Former assemblyman Lou Manzo, a critic of the Christie administration, questioned whether the governor’s move to stop the ARC Tunnel (which would have allowed much more train traffic to directly access the Croxton Yards in Jersey City) was designed to protect the Port Authority’s exclusive monopoly over container transport from Brooklyn.
McGreevey reinvented?
The Greenville Yards announcement comes at a time when there appears to be a number of political moves being made in the PA, including the shocking notice that Christie has named Jamie Fox, a prominent Democrat, as the commissioner of the State Department of Transportation, which has oversight into many PA activities.
Fox was a key person in the administration of Gov. Jim McGreevey, who appointed him as a Port Authority commissioner that allowed Fox to survive an internal Democratic conflict, one that tried to force McGreevey to resign early after the now-famous “I am a gay American” speech a decade ago.
That battle pitted McGreevey and his key people, including Fox, against then-U.S. Sen. Jon Corzine and U.S. Senator Robert Menendez. Corzine was looking to move into the State House early. McGreevey, however, held out against his early removal. But the feud left some bitter feelings against the two senators among his closest associates, apparently including Fox.
This move to appoint Fox may be a tip of the hat to McGreevey. Christie and McGreevey have become closer lately, even though McGreevey appears to be the kingmaker behind the eventual Steve Fulop run for governor, once Christie vacates the seat, as expected, to run for president in 2016.

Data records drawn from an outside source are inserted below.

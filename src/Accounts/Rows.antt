-- ===== src/Accounts/Rows.antt =====
-- crates/storage/src/users.rs and tokens.rs: what the statements keep of a table.
use chenni_x_api.Prelude.Lists.{All, All-append, All-keep_if, any, keep_if}
use chenni_x_api.Prelude.Tests.{◌==◌, ==_iff, Bool-cases, leb, if◌then◌else◌}
use chenni_x_api.Prelude.{
  ℕ, ◌≡◌, ◌<◌, refl, String, str_eq, Bool, true, false, not, ◌&&◌, List, [], ◌∷◌, ◌++◌, eq_iff, sym,
  subst, inl, inr, arith,
}
use chenni_x_api.Storage.Table.{adjust_at}
use chenni_x_api.Accounts.{next_after, has_id, taken, taken_elsewhere, listed}

module _ {R : Type 0} where
  pub All-kept : (P : R → Type 0) (p : R → Bool) (rs : List R) → All P rs → All P (keep_if p rs)
  All-kept P p rs h = All-keep_if P P p (λ r q _. q) rs h

  same_if :
      {K : Type 0} (g : R → K) (f : R → R)
      → ((r : R) → g (f r) ≡ g r)
      → (b : Bool) (r : R) → g r ≡ g (if b then f r else r)
  same_if g f same true r = sym (same r)
  same_if g f same false r = refl

  -- No text stands twice in the column.
  abbrev pub Distinct : (R → String) → List R → Type 0
  Distinct key [] = Unit
  Distinct key (r ∷ rs) = All (λ q. str_eq (key r) (key q) ≡ false) rs × Distinct key rs

  pub keep_if-Distinct :
      (key : R → String) (p : R → Bool) (rs : List R)
      → Distinct key rs
      → Distinct key (keep_if p rs)
  keep_if-Distinct key p [] d = tt
  keep_if-Distinct key p (r ∷ rs) d = ground (
    arith,
    keep_if-Distinct key p rs d.1,
    All-kept (λ q. str_eq (key r) (key q) ≡ false) p rs d.0,
  )

  pub append-Distinct :
      (key : R → String) (rs : List R) (row : R)
      → taken key (key row) rs ≡ false
      → Distinct key rs
      → Distinct key (rs ++ row ∷ [])
  append-Distinct key [] row n d = (tt, tt)
  append-Distinct key (r ∷ rs) row n d = (
    All-append (λ q. str_eq (key r) (key q) ≡ false) rs (row ∷ []) d.0 (ground (arith, n), tt),
    append-Distinct key rs row (ground (arith, n)) d.1,
  )

  module _ (id : R → ℕ) where
    abbrev pub Ascending : List R → Type 0
    Ascending [] = Unit
    Ascending (r ∷ rs) = All (λ q. id r < id q) rs × Ascending rs

    next_after-lt : (n : ℕ) (rs : List R) → n < next_after n id rs
    next_after-lt n [] = omega arith
    next_after-lt n (r ∷ rs) = ground (arith, next_after-lt (if leb n (id r) then id r else n) rs)

    pub next_id-lt : (n : ℕ) (rs : List R) → All (λ r. id r < next_after n id rs) rs
    next_id-lt n [] = tt
    next_id-lt n (r ∷ rs) = (
      ground (arith, next_after-lt (if leb n (id r) then id r else n) rs),
      next_id-lt (if leb n (id r) then id r else n) rs,
    )

    pub append-Ascending :
        (rs : List R) (row : R)
        → All (λ r. id r < id row) rs
        → Ascending rs
        → Ascending (rs ++ row ∷ [])
    append-Ascending [] row h s = (tt, tt)
    append-Ascending (r ∷ rs) row h s =
        (All-append (λ q. id r < id q) rs (row ∷ []) s.0 (h.0, tt), append-Ascending rs row h.1 s.1)

    pub keep_if-Ascending : (p : R → Bool) (rs : List R) → Ascending rs → Ascending (keep_if p rs)
    keep_if-Ascending p [] s = tt
    keep_if-Ascending p (r ∷ rs) s =
        ground (arith, keep_if-Ascending p rs s.1, All-kept (λ q. id r < id q) p rs s.0)

    pub has_id-append :
        (k : ℕ) (rs : List R) (row : R)
        → has_id id k rs ≡ true
        → has_id id k (rs ++ row ∷ []) ≡ true
    has_id-append k [] row h = ground arith
    has_id-append k (r ∷ rs) row h = ground (arith, has_id-append k rs row)

    pub All-adjusted :
        (f : R → R) (P : R → Type 0)
        → ((r : R) → P r → P (f r))
        → (k : ℕ) (rs : List R) → All P rs
        → All P (adjust_at id k f rs)
    unfolding adjust_at
    All-adjusted f P g k [] h = tt
    All-adjusted f P g k (r ∷ rs) h = ground (arith, g r h.0, All-adjusted f P g k rs h.1)

    module _ (f : R → R) (keeps : (r : R) → id (f r) ≡ id r) where
      pub adjust_at-Ascending :
          (k : ℕ) (rs : List R) → Ascending rs → Ascending (adjust_at id k f rs)
      unfolding adjust_at
      adjust_at-Ascending k [] s = tt
      adjust_at-Ascending k (r ∷ rs) s = (
        subst (λ i. All (λ q. i < id q) (adjust_at id k f rs)) (same_if id f keeps (id r == k) r)
            (All-adjusted f (λ q. id r < id q) (λ q h. rw (keeps q) h) k rs s.0),
        adjust_at-Ascending k rs s.1,
      )

      pub has_id-adjust_at :
          (j k : ℕ) (rs : List R) → has_id id j (adjust_at id k f rs) ≡ has_id id j rs
      unfolding adjust_at
      has_id-adjust_at j k [] = refl
      has_id-adjust_at j k (r ∷ rs) = ground (arith, keeps r, has_id-adjust_at j k rs)

      pub adjust_at-Distinct :
          (key : R → String)
          → ((r : R) → key (f r) ≡ key r)
          → (k : ℕ) (rs : List R) → Distinct key rs
          → Distinct key (adjust_at id k f rs)
      unfolding adjust_at
      adjust_at-Distinct key same k [] d = tt
      adjust_at-Distinct key same k (r ∷ rs) d = (
        subst (λ s. All (λ q. str_eq s (key q) ≡ false) (adjust_at id k f rs))
            (same_if key f same (id r == k) r)
            (All-adjusted f (λ q. str_eq (key r) (key q) ≡ false) (λ q h. rw (same q) h) k rs d.0),
        adjust_at-Distinct key same k rs d.1,
      )

    -- A row whose id is not deleted stays.
    pub has_id-keep_if :
        (k : ℕ) (p : R → Bool) (rs : List R)
        → any (λ r. p r && id r == k) rs ≡ false
        → has_id id k rs ≡ true
        → has_id id k (keep_if (λ r. not (p r)) rs) ≡ true
    has_id-keep_if k p [] n h = h
    has_id-keep_if k p (r ∷ rs) n h = ground (arith, has_id-keep_if k p rs)

    unlisted :
        (p : R → Bool) (rs : List R) (j : ℕ) (js : List ℕ)
        → any (λ r. p r && listed (id r) (j ∷ js)) rs ≡ false
        → (any (λ r. p r && id r == j) rs ≡ false) × (any (λ r. p r && listed (id r) js) rs ≡ false)
    unlisted p [] j js n = (refl, refl)
    unlisted p (r ∷ rs) j js n = ground (arith, unlisted p rs j js)

    pub logged_kept :
        (p : R → Bool) (rs : List R) (logged : List ℕ)
        → any (λ r. p r && listed (id r) logged) rs ≡ false
        → All (λ j. has_id id j rs ≡ true) logged
        → All (λ j. has_id id j (keep_if (λ r. not (p r)) rs) ≡ true) logged
    logged_kept p rs [] n h = tt
    logged_kept p rs (j ∷ js) n h =
        let (a, b) = unlisted p rs j js n in
        (has_id-keep_if j p rs a h.0, logged_kept p rs js b h.1)

    pub adjust_at-absent :
        (k : ℕ) (f : R → R) (rs : List R) → has_id id k rs ≡ false → adjust_at id k f rs ≡ rs
    unfolding adjust_at
    adjust_at-absent k f [] h = refl
    adjust_at-absent k f (r ∷ rs) h = ground (arith, adjust_at-absent k f rs)

    above_absent : (k : ℕ) (rs : List R) → All (λ q. k < id q) rs → has_id id k rs ≡ false
    above_absent k [] h = refl
    above_absent k (r ∷ rs) h = ground (arith, above_absent k rs h.1)

    elsewhere_free :
        (key : R → String) (k : ℕ) (s : String) (rs : List R)
        → All (λ q. k < id q) rs
        → taken_elsewhere id key k s rs ≡ false
        → All (λ q. str_eq s (key q) ≡ false) rs
    elsewhere_free key k s [] h n = tt
    elsewhere_free key k s (r ∷ rs) h n =
        ground (arith, eq_iff s (key r), eq_iff (key r) s, elsewhere_free key k s rs h.1)

    -- A column without repetitions has none after a row is given a text that no other row has.
    pub adjust_at-Distinct_renamed :
        (key : R → String) (f : R → R) (k : ℕ) (s : String)
        → ((r : R) → key (f r) ≡ s)
        → (rs : List R) → Ascending rs
        → taken_elsewhere id key k s rs ≡ false
        → Distinct key rs
        → Distinct key (adjust_at id k f rs)
    unfolding adjust_at
    adjust_at-Distinct_renamed key f k s names [] a n d = tt
    adjust_at-Distinct_renamed key f k s names (r ∷ rs) a n d = elim (Bool-cases (id r == k)) [
      | inl e ↦
          let higher : All (λ q. k < id q) rs =
            subst (λ i. All (λ q. i < id q) rs) ((==_iff (id r) k).0 e) a.0 in
          let free = elsewhere_free key k s rs higher (ground (arith, n)) in
          rw (e, adjust_at-absent k f rs (above_absent k rs higher), names r) (free, d.1)
      | inr e ↦ rw e (
        All-adjusted f (λ q. str_eq (key r) (key q) ≡ false)
            (λ q _. rw (names q) (ground (arith, n, e))) k rs d.0,
        adjust_at-Distinct_renamed key f k s names rs a.1 (ground (arith, n)) d.1,
      )
    ]

    -- The other rows stay when one is deleted by its id.
    pub other_kept :
        (j k : ℕ) (rs : List R)
        → (j == k) ≡ false
        → has_id id j rs ≡ true
        → has_id id j (keep_if (λ r. not (id r == k)) rs) ≡ true
    other_kept j k [] n h = h
    other_kept j k (r ∷ rs) n h = ground (arith, n, other_kept j k rs n)

    pub listed_kept :
        (k : ℕ) (rs : List R) (logged : List ℕ)
        → listed k logged ≡ false
        → All (λ j. has_id id j rs ≡ true) logged
        → All (λ j. has_id id j (keep_if (λ r. not (id r == k)) rs) ≡ true) logged
    listed_kept k rs [] n h = tt
    listed_kept k rs (j ∷ js) n h =
        (other_kept j k rs (ground (arith, n)) h.0, listed_kept k rs js (ground (arith, n)) h.1)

Fox is not the only McGreevey insider who appears to be back in power. Gary Taffet, who served on McGreevey’s gubernatorial staff but was caight up by questions involving alleged use of connections to the state Department of Transportation to get approvals for billboards along the Turnpike, resurfaced at a fundraiser for Fulop, and apparently is doing insurance work for the city.
Roque team confident on BOE elections
West New York is gearing up for a second round of school board elections that will decide the future control of the board. Last year around this time, when charges of hacking were still hanging over Mayor Felix Roque’s head, momentum was building for a new, anti-administration Board of Education. This helped the ballot question sail through to create an elected board last November. Indeed, even after Roque had been acquitted, the first round of school board elections to expand the number of members from seven to nine went to anti-administration candidates.
But the second round of elections that would put up some of the existing seats for a vote was stalled until November, and Roque has since regrouped. Behind the scenes, the Roque team has been working hard to get their candidates before the public, and with a shift in public perception, Roque-supported candidates appear to be in good shape.
Because of two resignations, five seats are up instead of three.
A victory for Hoboken’s Old Guard?
Although still split, the Hoboken old guard may still retain its two seats on the nine-member Board of Education, and may be able to pick up a third seat this November, although they cannot still gain control of the nine-member board.
The same political divisions that caused a three-way race in last year’s municipal election still exist, but won’t have the same impact. Two of the three old guard candidates are incumbents and are considered likely to retain their seats.
When yes means yes
Bayonne rent control advocates have won a decisive victory on the wording of the referendum to be presented on Nov. 4, avoiding the disaster Hoboken suffered a few years ago when “yes” meant “no” for keeping control, and tenants nearly saw rent control gutted.
If the language of the Bayonne referendum had not been changed, yes would have meant doing away with rent control, not saving it. As it is, yes means keeping it.